Die Augsburger, die mit dem Selbstvertrauen von sieben ungeschlagenen Auswärtsspielen hintereinander nach Wolfsburg gereist waren, traten offensiv in der ersten halben Stunde fast überhaupt nicht in Erscheinung. Ihr Spielaufbau war geprägt von Fehlpässen, auch vom aggressiven Pressing war so gut wie nichts zu sehen.

Pfiffe für die Gastgeber

Die Wolfsburger ließen sich von der Lethargie scheinbar anstecken und stellten ihre Offensivbemühungen auch lange Zeit ein. Die Quittung dafür bekam Luiz Gustavo, der nach einem Rückpass auf Torhüter Benaglio von den Fans ausgepfiffen wurde. Gerade, als sich der VfL wieder gefangen zu haben schien, fiel das kuriose 0:1 durch Werner.

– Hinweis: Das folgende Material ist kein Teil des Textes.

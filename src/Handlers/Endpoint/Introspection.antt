-- ===== src/Handlers/Endpoint/Introspection.antt =====
-- What introspection calls active.
use fake_auth.Base.{
  ℕ, String, ◌≡◌, refl, ◌∙◌, ◌≢◌, ◌↔◌, true, Option, none, some, Bool-cases, inl, inr, arith, ◌==◌,
  eq_iff, ne_of_eq,
}
use fake_auth.Dict.{Dict, get, get-put}
use fake_auth.Json.{Value, bool, str, as_string}
use fake_auth.Token.{Checked, accepted, refused, validate}
use fake_auth.Handlers.{Env, Config, Body, json}
use fake_auth.Handlers.Endpoint.{introspect, introspected, put_text}

-- What a caller reads first of the answer.
abbrev pub active_of : Body → Option Value
active_of (json m) = get m "active"
active_of _ = none

put_text-active :
    (k : String) (o : Option String) (out : Dict Value)
    → k ≢ "active"
    → get (put_text k o out) "active" ≡ get out "active"
put_text-active k none out other = refl
put_text-active k (some s) out other =
    ground (arith, eq_iff k "active", get-put out k "active" (str s))

introspected_active :
    (c : Checked)
    → active_of (json (introspected c)) ≡ some (bool true)
      ↔ (claims : Dict Value) × (c ≡ accepted claims)
unfolding introspected get
introspected_active (refused e) = ((λ h. absurd (cc h)), (λ (claims, h). absurd (cc h)))
introspected_active (accepted claims) = (
  (λ h. (claims, refl)),
  (λ h.
      put_text-active "scope" (as_string (get claims "scope")) _
        (ground (arith, eq_iff "scope" "active"))
      ∙ put_text-active "client_id" (as_string (get claims "azp")) _
          (ground (arith, eq_iff "client_id" "active"))),
)

-- Introspection answers `"active": true` exactly when a token is given and the issuer
-- validates it at that instant.
pub introspect_active :
    (cfg : Config) (env : Env) (now : ℕ) (tok : String)
    → active_of (introspect cfg env now tok).body ≡ some (bool true)
      ↔ (tok ≢ "") × (claims : Dict Value) × (validate env.jwt cfg.issuer now tok ≡ accepted claims)
unfolding introspect get
introspect_active cfg env now tok = elim (Bool-cases (tok == "")) [
  | inl empty ↦ (
    (λ h. absurd (cc (rw (empty, introspect) at h))),
    (λ (given, claims, valid). absurd (given ((eq_iff tok "").0 empty))),
  )
  | inr given ↦ (
    (λ h.
        let (claims, valid) =
          (introspected_active (validate env.jwt cfg.issuer now tok)).0
            (rw (given, introspect) at h) in
        (ne_of_eq tok "" given, claims, valid)),
    (λ (named, claims, valid).
        rw (given, introspect)
          ((introspected_active (validate env.jwt cfg.issuer now tok)).1 (claims, valid))),
  )
]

Dass die Hausherren in der zweiten Halbzeit das Blatt wenden wollte, bewies Malandas Schuss nur 65 Sekunden nach Wiederanpfiff. Mit den wenig strukturierten Angriffen hatte die Abwehr der Gäste aber kaum Probleme. VfL-Trainer Hecking reagierte und brachte in der 58. Minute in Daniel Caligiuri für den enttäuschenden Shootingstar Maximilian Arnold einen frischen Offensivmann.

Am ideenlosen Spiel änderte das jedoch nichts, so dass der Fanblock des Ex-Meisters in der 62. Minute die Profis lautstark aufforderte: "Wir wollen euch kämpfen sehen!" Ein gellendes Pfeifkonzert gab es für Hecking, als er in der 68. Minute den zumindest kämpferisch überzeugenden Malanda vom Feld nahm.